> _WORK TO COMPLETE_: Respond with nothing but the number of lines in this data that include the word "Value".

> _DATA FOR ANALYSIS_:
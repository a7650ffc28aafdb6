-- ===== src/Table/Entry.antt =====
-- reference/shen-gc/zincvm.h: `TableEntry`, the slots of both global tables.
use fx_ui.Base.{ℕ, Bool, false, Option, none, some, List, get_or}
use fx_ui.Base.Bytes.{Bytes, byte_eq}
use fx_ui.Value.{Value}

-- `none` is an entry with `name == NULL`.
abbrev pub Slot : Type 0
Slot = Option (Bytes × Value)

abbrev pub slot_at : List Slot → ℕ → Slot
slot_at ts i = get_or ts i none

-- `table[i].name != NULL && strcmp(table[i].name, name) == 0`
abbrev pub named : Bytes → Slot → Bool
named name none = false
named name (some (k, v)) = byte_eq k name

> _SOLUTION FOR THIS TASK_: 2